Backpropagation Refinement: The backpropagation component allows SC-MCTS* to capture smoothly progressing paths, favoring pathways nearing goal achievement for improved value propagation.

Experiments

The effectiveness of SC-MCTS* was demonstrated using the Blocksworld dataset, comparing it with existing methods such as RAP-MCTS and Chain of Thought (CoT) with several LLM configurations (Llama-3.1-70B, GPT-4o, etc.).

In terms of accuracy across reasoning steps, SC-MCTS* consistently outperformed RAP-MCTS and CoT methods, notably in both easy and hard reasoning modes.

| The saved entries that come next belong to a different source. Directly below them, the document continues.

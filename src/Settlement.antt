-- ===== src/Settlement.antt =====
-- services/settlement.go: the fair shares of an expense, the balances and the payment plan.
pub mod Shares
pub mod Allocations
pub mod Fair
pub mod Plan
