-- ===== src/Money.antt =====
-- apps/api/core/money.py: money and quantities.
pub mod Decimal
pub mod Rounding
pub mod Format
pub mod Parse
pub mod Plain
pub mod Accepted
pub mod RoundTrip
mod Samples
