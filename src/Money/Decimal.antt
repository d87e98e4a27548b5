-- ===== src/Money/Decimal.antt =====
-- Python's `decimal.Decimal`, and the rounding of apps/api/core/money.py: `quantize` under the
-- context of 34 digits that rounds half up and traps invalid operations.
use film_bill.Base.{
  ℕ, suc, ◌+◌, ◌*◌, ◌/◌, ◌%◌, ◌^◌, Bool, true, false, Option, none, some, ltb, if◌then◌else◌,
}
use film_bill.Base.Int.{ℤ, pos, negsuc, minus, ◌+ℤ◌}

-- `finite sign c e` is ±c·10^e, negative if `sign`.
pub data Decimal : Type 0 where
  finite : Bool → ℕ → ℤ → Decimal
  infinity : Bool → Decimal
  quiet_nan : Decimal
  signaling_nan : Decimal

unfoldable pub is_finite : Decimal → Bool
is_finite (finite sign c e) = true
is_finite _ = false

abbrev pub amount_places : ℕ
amount_places = 2

abbrev pub qty_places : ℕ
qty_places = 4

-- The precision of `_CONTEXT`.
abbrev pub precision : ℕ
precision = 34

-- c / m to the nearest whole number, and a half is rounded up.
unfoldable pub half_up : ℕ → ℕ → ℕ
half_up c m = if ltb (2 * (c % m)) m then c / m else c / m + 1

-- c·10^shift, rounded to a whole number.
unfoldable pub rescale : ℕ → ℤ → ℕ
unfolding half_up
rescale c (pos k) = c * 10 ^ k
rescale c (negsuc k) = half_up c (10 ^ suc k)

-- `none` is the trapped InvalidOperation: an infinity, a signaling NaN, or more digits than the
-- context has.
unfoldable pub quantize : ℕ → Decimal → Option Decimal
unfolding rescale ◌+ℤ◌
quantize places (finite sign c e) =
    let r = rescale c (e +ℤ pos places) in
    if ltb r (10 ^ precision) then some (finite sign r (minus places)) else none
quantize places (infinity sign) = none
quantize places quiet_nan = some quiet_nan
quantize places signaling_nan = none

unfoldable pub quantize_amount : Decimal → Option Decimal
unfolding quantize
quantize_amount d = quantize amount_places d

unfoldable pub quantize_qty : Decimal → Option Decimal
unfolding quantize
quantize_qty d = quantize qty_places d
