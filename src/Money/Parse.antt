-- ===== src/Money/Parse.antt =====
-- `_to_decimal` of apps/api/core/money.py, and the texts that `Decimal(text)` reads: ASCII digits,
-- any exponent, and a NaN without its payload.
use film_bill.Base.{
  ℕ, suc, Bool, true, false, not, ◌&&◌, ◌||◌, Option, none, some, [], ◌∷◌, ◌++◌, if◌then◌else◌,
  nat_eq, text_eq, length, select, all, drop,
}
use film_bill.Base.Int.{ℤ, pos, negsuc, minus, ◌+ℤ◌}
use film_bill.Base.Text.{Text, lit, strip, lower, is_empty, starts_with}
use film_bill.Base.Digits.{is_digit, read}
use film_bill.Money.Decimal.{Decimal, finite, infinity, quiet_nan, signaling_nan, is_finite}

-- The values that reach the validator, by their Python type. A float is the text of its value.
pub data PyValue : Type 0 where
  decimal : Decimal → PyValue
  boolean : Bool → PyValue
  integer : ℤ → PyValue
  string : Text → PyValue
  float : Text → PyValue
  other : Text → PyValue

-- DecimalParseError, by its message.
pub data ParseError : Type 0 where
  is_boolean : ParseError
  must_not_be_empty : ParseError
  not_a_number : Text → ParseError
  is_float : Text → ParseError
  wrong_type : Text → ParseError
  not_finite : Decimal → ParseError

pub data Parsed : Type 0 where
  ok : Decimal → Parsed
  refused : ParseError → Parsed

-- The digits that a text starts with, and the rest.
unfoldable pub split_digits : Text → Text × Text
split_digits [] = ([], [])
split_digits (c ∷ s) =
    let rest = split_digits s in if is_digit c then (c ∷ rest.0, rest.1) else ([], c ∷ s)

-- `[-+]?`: whether the sign is a minus, and the rest.
unfoldable pub split_sign : Text → Bool × Text
split_sign [] = (false, [])
split_sign (c ∷ s) =
    if nat_eq c b'-' then (true, s) else if nat_eq c b'+' then (false, s) else (false, c ∷ s)

-- `(\.\d*)?`
unfoldable pub split_fraction : Text → Text × Text
split_fraction [] = ([], [])
split_fraction (c ∷ s) = if nat_eq c b'.' then split_digits s else ([], c ∷ s)

abbrev pub signed : Bool → ℕ → ℤ
signed true n = minus n
signed false n = pos n

abbrev pub exponent_digits : Bool × Text → Text × Text → Option ℤ
exponent_digits (sign, t) (digits, rest) =
    if not (is_empty digits) && is_empty rest then some (signed sign (read digits)) else none

-- `(E[-+]?\d+)?\Z`
unfoldable pub exponent : Text → Option ℤ
exponent [] = some (pos 0)
exponent (c ∷ s) =
    let sign = split_sign s in
    if nat_eq c b'e' || nat_eq c b'E' then exponent_digits sign (split_digits sign.1) else none

-- `Inf(inity)?|s?NaN\d*`, in any case.
unfoldable pub special : Bool → Text → Option Decimal
special sign t =
    if text_eq (lower t) (lit "inf") || text_eq (lower t) (lit "infinity")
    then some (infinity sign)
    else if starts_with (lower t) (lit "nan") && all is_digit (drop 3 t)
    then some quiet_nan
    else if starts_with (lower t) (lit "snan") && all is_digit (drop 4 t)
    then some signaling_nan
    else none

abbrev pub scaled : Bool → Text → Text → Option ℤ → Option Decimal
scaled sign whole fraction none = none
scaled sign whole fraction (some e) =
    some (finite sign (read (whole ++ fraction)) (e +ℤ minus (length fraction)))

abbrev pub number_of : Bool → Text → Text × Text → Text × Text → Option Decimal
number_of sign t (whole, after) (fraction, rest) =
    if is_empty (whole ++ fraction)
    then special sign t
    else scaled sign whole fraction (exponent rest)

unfoldable pub unsigned : Bool × Text → Option Decimal
unsigned (sign, t) = let whole = split_digits t in number_of sign t whole (split_fraction whole.1)

-- `Decimal(text)`: `none` is InvalidOperation.
unfoldable pub parse_decimal : Text → Option Decimal
parse_decimal s = unsigned (split_sign (select (λ c. not (nat_eq c b'_')) (strip s)))

abbrev pub integer_decimal : ℤ → Decimal
integer_decimal (pos n) = finite false n (pos 0)
integer_decimal (negsuc n) = finite true (suc n) (pos 0)

abbrev pub number_or_refused : Text → Option Decimal → Parsed
number_or_refused s none = refused (not_a_number s)
number_or_refused s (some d) = if is_finite d then ok d else refused (not_finite d)

unfoldable pub to_decimal : PyValue → Parsed
unfolding is_finite
to_decimal (decimal d) = if is_finite d then ok d else refused (not_finite d)
to_decimal (boolean b) = refused is_boolean
to_decimal (integer n) =
    if is_finite (integer_decimal n)
    then ok (integer_decimal n)
    else refused (not_finite (integer_decimal n))
to_decimal (string s) =
    if is_empty (strip s)
    then refused must_not_be_empty
    else number_or_refused s (parse_decimal (strip s))
to_decimal (float value) = refused (is_float value)
to_decimal (other type_name) = refused (wrong_type type_name)
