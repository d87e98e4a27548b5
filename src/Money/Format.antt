-- ===== src/Money/Format.antt =====
-- The text of a decimal on the wire: `_serialise` of apps/api/core/money.py, which is
-- `format(value, "f")`.
use film_bill.Base.{
  ℕ, suc, ◌+◌, ◌-◌, Bool, true, false, [], ◌∷◌, ◌++◌, if◌then◌else◌, nat_eq, length, take, drop,
  replicate,
}
use film_bill.Base.Int.{ℤ, pos, negsuc}
use film_bill.Base.Text.{Text, lit}
use film_bill.Base.Digits.{show, zfill}
use film_bill.Money.Decimal.{Decimal, finite, infinity, quiet_nan, signaling_nan}

abbrev pub sign_text : Bool → Text
sign_text true = b'-' ∷ []
sign_text false = []

-- The digits with `places` of them after a point.
unfoldable pub pointed : Text → ℕ → Text
pointed body places = let whole = length body - places in take whole body ++ b'.' ∷ drop whole body

-- A zero with a positive exponent prints as one zero.
unfoldable pub plain : ℕ → ℤ → Text
unfolding pointed
plain c (pos k) = if nat_eq c 0 then b'0' ∷ [] else show c ++ replicate k b'0'
plain c (negsuc k) = pointed (zfill (k + 2) (show c)) (suc k)

unfoldable pub serialise : Decimal → Text
unfolding plain
serialise (finite sign c e) = sign_text sign ++ plain c e
serialise (infinity sign) = sign_text sign ++ lit "Infinity"
serialise quiet_nan = lit "NaN"
serialise signaling_nan = lit "sNaN"
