-- ===== src/Money/Plain.antt =====
-- Texts of digits, a sign and a point: nothing is stripped from them, and a run of digits is read
-- as a whole.
use film_bill.Base.{
  ℕ, zero, suc, ◌-◌, ◌≡◌, refl, Bool, true, false, not, ◌&&◌, ◌||◌, List, [], ◌∷◌, ◌++◌, nat_eq,
  arith, length, take, drop, replicate, all, select, append-nil,
}
use film_bill.Base.Text.{Text, is_space, strip, lstrip, rstrip}
use film_bill.Base.Digits.{is_digit, show, zfill}
use film_bill.Base.Digits.Reading.{show-digits}
use film_bill.Money.Parse.{split_digits}

-- The characters of a printed decimal.
abbrev pub is_plain : ℕ → Bool
is_plain c = is_digit c || nat_eq c b'-' || nat_eq c b'.'

pub plain_no_space : (c : ℕ) → is_plain c ≡ true → is_space c ≡ false
unfolding is_space
plain_no_space c h = ground arith

pub lstrip_plain : (s : Text) → all is_plain s ≡ true → lstrip s ≡ s
unfolding lstrip
lstrip_plain [] h = refl
lstrip_plain (c ∷ s) h = ground (arith, plain_no_space c)

pub rstrip_plain : (s : Text) → all is_plain s ≡ true → rstrip s ≡ s
unfolding rstrip
rstrip_plain [] h = refl
rstrip_plain (c ∷ []) h = ground (arith, plain_no_space c)
rstrip_plain (c ∷ d ∷ s) h =
    let rest : rstrip (d ∷ s) ≡ d ∷ s = rstrip_plain (d ∷ s) (ground arith) in rw rest refl

pub strip_plain : (s : Text) → all is_plain s ≡ true → strip s ≡ s
unfolding strip
strip_plain s h = rw (lstrip_plain s h) (rstrip_plain s h)

pub select_plain : (s : Text) → all is_plain s ≡ true → select (λ c. not (nat_eq c b'_')) s ≡ s
select_plain [] h = refl
select_plain (c ∷ s) h = ground (arith, select_plain s)

-- A run of digits that the text ends after, or goes on after with a character that is no digit.
abbrev pub Stops : Text → Type 0
Stops [] = Unit {0}
Stops (c ∷ s) = is_digit c ≡ false

pub split_digits-append :
    (xs rest : Text) → all is_digit xs ≡ true → Stops rest → split_digits (xs ++ rest) ≡ (xs, rest)
unfolding split_digits
split_digits-append [] [] h stop = refl
split_digits-append [] (c ∷ s) h stop = ground arith
split_digits-append (x ∷ xs) rest h stop =
    let first : is_digit x ≡ true = ground arith in
    let others : all is_digit xs ≡ true = ground arith in
    rw (split_digits-append xs rest others stop) (rw first refl)

pub all-append {ℓ} :
    {A : Type ℓ} (p : A → Bool) (xs ys : List A) → all p (xs ++ ys) ≡ (all p xs && all p ys)
all-append p [] ys = refl
all-append p (x ∷ xs) ys = ground (arith, all-append p xs ys)

pub digit_plain : (s : Text) → all is_digit s ≡ true → all is_plain s ≡ true
digit_plain [] h = refl
digit_plain (c ∷ s) h = ground (arith, digit_plain s)

pub zeros_digits : (k : ℕ) → all is_digit (replicate k b'0') ≡ true
zeros_digits zero = refl
zeros_digits (suc k) = zeros_digits k

pub zfill_digits : (w n : ℕ) → all is_digit (zfill w (show n)) ≡ true
unfolding zfill
zfill_digits w n = ground (
  arith,
  all-append is_digit (replicate (w - length (show n)) b'0') (show n),
  zeros_digits (w - length (show n)),
  show-digits n,
)

pub take_digits : (k : ℕ) (s : Text) → all is_digit s ≡ true → all is_digit (take k s) ≡ true
take_digits zero s h = refl
take_digits (suc k) [] h = refl
take_digits (suc k) (c ∷ s) h = ground (arith, take_digits k s)

pub drop_digits : (k : ℕ) (s : Text) → all is_digit s ≡ true → all is_digit (drop k s) ≡ true
drop_digits zero s h = h
drop_digits (suc k) [] h = refl
drop_digits (suc k) (c ∷ s) h = ground (arith, drop_digits k s)

pub split_digits-all : (xs : Text) → all is_digit xs ≡ true → split_digits xs ≡ (xs, [])
split_digits-all xs h =
    let cut : split_digits (xs ++ []) ≡ (xs, []) = split_digits-append xs [] h tt in
    rw (append-nil xs) at cut
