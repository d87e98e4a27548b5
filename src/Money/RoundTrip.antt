-- ===== src/Money/RoundTrip.antt =====
-- What is printed is read back, with its places: `_to_decimal` after `_serialise`.
use film_bill.Base.{
  length-drop, ℕ, zero, suc, ◌+◌, ◌-◌, ◌<◌, ◌≡◌, refl, sym, ap, ◌∙◌, Bool, true, false, none, some,
  [], ◌∷◌, ◌++◌, text_eq, nat_eq, arith, length, take, drop, all, append-nil, length-append,
  take-append-drop,
}
use film_bill.Base.Int.{pos, negsuc, minus, ◌+ℤ◌}
use film_bill.Base.Text.{Text, lit, strip, lower, starts_with}
use film_bill.Base.Digits.{is_digit, show, read, zfill}
use film_bill.Base.Digits.Reading.{read-show, show_nonempty, read-zfill, length-zfill, show-digits}
use film_bill.Money.Decimal.{Decimal, finite, is_finite}
use film_bill.Money.Format.{sign_text, pointed, plain, serialise}
use film_bill.Money.Parse.{
  string, ok, split_digits, split_sign, split_fraction, exponent, unsigned, special, parse_decimal,
  to_decimal,
}
use film_bill.Money.Plain.{
  is_plain, strip_plain, select_plain, split_digits-append, all-append, digit_plain, zfill_digits,
  take_digits, drop_digits, split_digits-all,
}

unsigned-pointed :
    (sign : Bool) (whole fraction : Text)
    → 0 < length whole
    → all is_digit whole ≡ true
    → all is_digit fraction ≡ true
    → unsigned (sign, whole ++ b'.' ∷ fraction)
      ≡ some (finite sign (read (whole ++ fraction)) (pos 0 +ℤ minus (length fraction)))
unfolding unsigned split_fraction exponent
unsigned-pointed sign [] fraction some_digit hw hf = absurd (omega arith)
unsigned-pointed sign (x ∷ whole) fraction some_digit hw hf =
    rw (split_digits-append (x ∷ whole) (b'.' ∷ fraction) hw refl, split_digits-all fraction hf)
      refl

unsigned-whole :
    (sign : Bool) (whole : Text)
    → 0 < length whole
    → all is_digit whole ≡ true
    → unsigned (sign, whole) ≡ some (finite sign (read whole) (pos 0))
unfolding unsigned split_fraction exponent ◌+ℤ◌
unsigned-whole sign [] some_digit h = absurd (omega arith)
unsigned-whole sign (x ∷ whole) some_digit h =
    rw (split_digits-all (x ∷ whole) h, append-nil whole) refl

places_back : (k : ℕ) → pos 0 +ℤ minus (suc k) ≡ negsuc k
unfolding ◌+ℤ◌
places_back k = ground arith

whole_long :
    (body : Text) (k : ℕ) → suc k < length body → 0 < length (take (length body - suc k) body)
whole_long body k long =
    let cut = length body - suc k in
    omega (
      arith,
      length-drop cut body,
      length-append (take cut body) (drop cut body),
      ap length (take-append-drop cut body),
    )

-- A body of digits, longer than the places.
unsigned-points :
    (sign : Bool) (body : Text) (k : ℕ)
    → suc k < length body
    → all is_digit body ≡ true
    → unsigned (sign, pointed body (suc k)) ≡ some (finite sign (read body) (negsuc k))
unfolding pointed
unsigned-points sign body k long h =
    let cut = length body - suc k in
    let places : length (drop cut body) ≡ suc k = omega (arith, length-drop cut body) in
    unsigned-pointed sign (take cut body) (drop cut body) (whole_long body k long)
      (take_digits cut body h) (drop_digits cut body h)
    ∙ rw (take-append-drop cut body, places, places_back k) refl

minus-suc : (k : ℕ) → minus (suc k) ≡ negsuc k
minus-suc k = ground arith

-- The printed text before its sign.
record IsPrinted (sign : Bool) (c : ℕ) (places : ℕ) (t : Text) : Type 0 where
  is_clean : all is_plain t ≡ true
  no_sign : split_sign t ≡ (false, t)
  reads : unsigned (sign, t) ≡ some (finite sign c (minus places))

digits_no_sign :
    (whole rest : Text)
    → 0 < length whole
    → all is_digit whole ≡ true
    → split_sign (whole ++ rest) ≡ (false, whole ++ rest)
unfolding split_sign
digits_no_sign [] rest some_digit h = absurd (omega arith)
digits_no_sign (x ∷ whole) rest some_digit h = ground arith

zero-IsPrinted : (sign : Bool) → IsPrinted sign 0 0 (b'0' ∷ [])
unfolding unsigned exponent split_digits split_fraction split_sign ◌+ℤ◌
zero-IsPrinted sign = record { is_clean = refl; no_sign = refl; reads = refl }

whole-IsPrinted : (sign : Bool) (c : ℕ) → IsPrinted sign c 0 (show c ++ [])
whole-IsPrinted sign c = record {
  is_clean = rw (append-nil (show c)) (digit_plain (show c) (show-digits c));
  no_sign = digits_no_sign (show c) [] (show_nonempty c) (show-digits c);
  reads =
      rw (append-nil (show c))
        (unsigned-whole sign (show c) (show_nonempty c) (show-digits c) ∙ rw (read-show c) refl);
}

pointed-IsPrinted :
    (sign : Bool) (c k : ℕ) → IsPrinted sign c (suc k) (pointed (zfill (k + 2) (show c)) (suc k))
unfolding pointed
pointed-IsPrinted sign c k =
    let body = zfill (k + 2) (show c) in
    let digits : all is_digit body ≡ true = zfill_digits (k + 2) c in
    let long : suc k < length body = omega (arith, length-zfill (k + 2) (show c)) in
    let cut = length body - suc k in
    record {
      is_clean = rw (all-append is_plain (take cut body) (b'.' ∷ drop cut body)) (
          rw (digit_plain (take cut body) (take_digits cut body digits))
            (digit_plain (drop cut body) (drop_digits cut body digits)));
      no_sign =
          digits_no_sign (take cut body) (b'.' ∷ drop cut body) (whole_long body k long)
            (take_digits cut body digits);
      reads = unsigned-points sign body k long digits ∙ rw (read-zfill (k + 2) c, minus-suc k) refl;
    }

plain-IsPrinted : (sign : Bool) (c places : ℕ) → IsPrinted sign c places (plain c (minus places))
unfolding plain
plain-IsPrinted sign zero zero = zero-IsPrinted sign
plain-IsPrinted sign (suc c) zero =
    let digits : nat_eq (suc c) 0 ≡ false = ground arith in rw digits (whole-IsPrinted sign (suc c))
plain-IsPrinted sign c (suc k) = rw (minus-suc k) (pointed-IsPrinted sign c k)

minus_splits : (t : Text) → split_sign (b'-' ∷ t) ≡ (true, t)
unfolding split_sign
minus_splits t = refl

signed-IsPrinted :
    (sign : Bool) (c places : ℕ)
    → (t : Text) → IsPrinted sign c places t
    → (all is_plain (sign_text sign ++ t) ≡ true) × (split_sign (sign_text sign ++ t) ≡ (sign, t))
signed-IsPrinted true c places t h = (h.is_clean, minus_splits t)
signed-IsPrinted false c places t h = (h.is_clean, h.no_sign)

pub parse_decimal-nil : parse_decimal [] ≡ none
unfolding parse_decimal unsigned split_sign split_digits split_fraction special lower lit strip
    starts_with text_eq
parse_decimal-nil = refl

parse_decimal-plain :
    (s t : Text) (sign : Bool)
    → all is_plain s ≡ true
    → split_sign s ≡ (sign, t)
    → parse_decimal s ≡ unsigned (sign, t)
unfolding parse_decimal
parse_decimal-plain s t sign plain splits =
    rw (strip_plain s plain, select_plain s plain, splits) refl

parsed_back :
    (s : Text) (d : Decimal)
    → all is_plain s ≡ true
    → parse_decimal s ≡ some d
    → is_finite d ≡ true
    → to_decimal (string s) ≡ ok d
unfolding to_decimal
parsed_back [] d plain parsed fin = absurd (none_some (sym parse_decimal-nil ∙ parsed))
  where
    none_some : none ≡ some d → ⊥
    none_some e = cc
parsed_back (c ∷ s) d plain parsed fin =
    let clean = strip_plain (c ∷ s) plain in rw (clean, parsed) (rw fin refl)

-- A finite value with no positive exponent, so every value that a column or `quantize` gives, is
-- printed as a text that `_to_decimal` reads back as the same value: the same sign, digits and
-- number of places, trailing zeros included.
pub to_decimal-serialise :
    (sign : Bool) (c places : ℕ)
    → to_decimal (string (serialise (finite sign c (minus places))))
      ≡ ok (finite sign c (minus places))
unfolding serialise
to_decimal-serialise sign c places =
    let t = plain c (minus places) in
    let printed = plain-IsPrinted sign c places in
    let (clean, splits) = signed-IsPrinted sign c places t printed in
    parsed_back (sign_text sign ++ t) (finite sign c (minus places)) clean
      (parse_decimal-plain (sign_text sign ++ t) t sign clean splits ∙ printed.reads)
      (unfold is_finite in refl)
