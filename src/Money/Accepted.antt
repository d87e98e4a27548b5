-- ===== src/Money/Accepted.antt =====
-- Which values `_to_decimal` accepts.
use film_bill.Base.{◌≡◌, ◌↔◌, true, Option, none, some, [], ◌∷◌, arith, if◌then◌else◌}
use film_bill.Base.Text.{Text, strip, is_empty}
use film_bill.Money.Decimal.{Decimal, is_finite}
use film_bill.Money.Parse.{
  PyValue, decimal, boolean, integer, string, float, other, ok, refused, not_finite,
  must_not_be_empty, parse_decimal, integer_decimal, to_decimal, number_or_refused,
}
use film_bill.Money.RoundTrip.{parse_decimal-nil}

-- The number that a value stands for. A boolean and a float stand for none.
abbrev pub denotes : PyValue → Option Decimal
denotes (decimal d) = some d
denotes (integer n) = some (integer_decimal n)
denotes (string s) = parse_decimal (strip s)
denotes _ = none

guarded :
    (c d : Decimal)
    → ((if is_finite c then ok c else refused (not_finite c)) ≡ ok d)
      ↔ ((some c ≡ some d) × (is_finite d ≡ true))
guarded c d = ground arith

number :
    (s : Text) (o : Option Decimal) (d : Decimal)
    → (number_or_refused s o ≡ ok d) ↔ ((o ≡ some d) × (is_finite d ≡ true))
number s none d = ground arith
number s (some c) d = guarded c d

stripped :
    (s t : Text) (d : Decimal)
    → ((if is_empty t then refused must_not_be_empty else number_or_refused s (parse_decimal t))
        ≡ ok d)
      ↔ ((parse_decimal t ≡ some d) × (is_finite d ≡ true))
stripped s [] d = rw parse_decimal-nil (ground arith)
stripped s (c ∷ t) d = number s (parse_decimal (c ∷ t)) d

-- A value is accepted as a decimal exactly if it is a decimal, an integer or a text that stands for
-- that decimal, and the decimal is finite.
pub to_decimal_iff :
    (v : PyValue) (d : Decimal)
    → (to_decimal v ≡ ok d) ↔ ((denotes v ≡ some d) × (is_finite d ≡ true))
unfolding to_decimal
to_decimal_iff (decimal c) d = guarded c d
to_decimal_iff (integer n) d = guarded (integer_decimal n) d
to_decimal_iff (boolean b) d = ground arith
to_decimal_iff (float t) d = ground arith
to_decimal_iff (other t) d = ground arith
to_decimal_iff (string s) d = stripped s (strip s) d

Figure 2: Accuracy comparison of various models and reasoning methods on the Blocksworld multi-step reasoning dataset across increasing reasoning steps.

In terms of speed, SC-MCTS* achieved an average speed improvement of 51.9% per node using speculative decoding, demonstrating superior computational efficiency.

Figure 3: Speedup comparison of different model combinations. For speculative decoding, we use Llama-3.2-1B and Llama-3.1.8B as amateur models with Llama-3.1-70B and Llama-3.1-405B as expert models, based on average node-level reasoning speed in MCTS for Blocksworld multi-step reasoning dataset.

Implications and Future Work

SC-MCTS* not only advances the performance for complex reasoning tasks in LLMs but also demonstrates a pathway to more interpretable and efficient AI reasoning systems. The insights gained from the reward model design and UCT strategy refinement illustrate possibilities for broader applications and adaptations in reasoning-centric AI models.

Future research could focus on refining step-splitting methods for generalization across various reasoning tasks without domain-specific dependencies. Other potential directions include integrating additional metrics-based reward models to further enhance accuracy and interpretability.

Conclusion

SC-MCTS* represents a substantial improvement over existing reasoning systems for LLMs, offering increased accuracy, speed, and interpretability without the need for complex learning processes or excessive computational resources. The paper's methodology and results highlight the potential for scalable, efficient, and interpretable approaches in AI-based reasoning frameworks.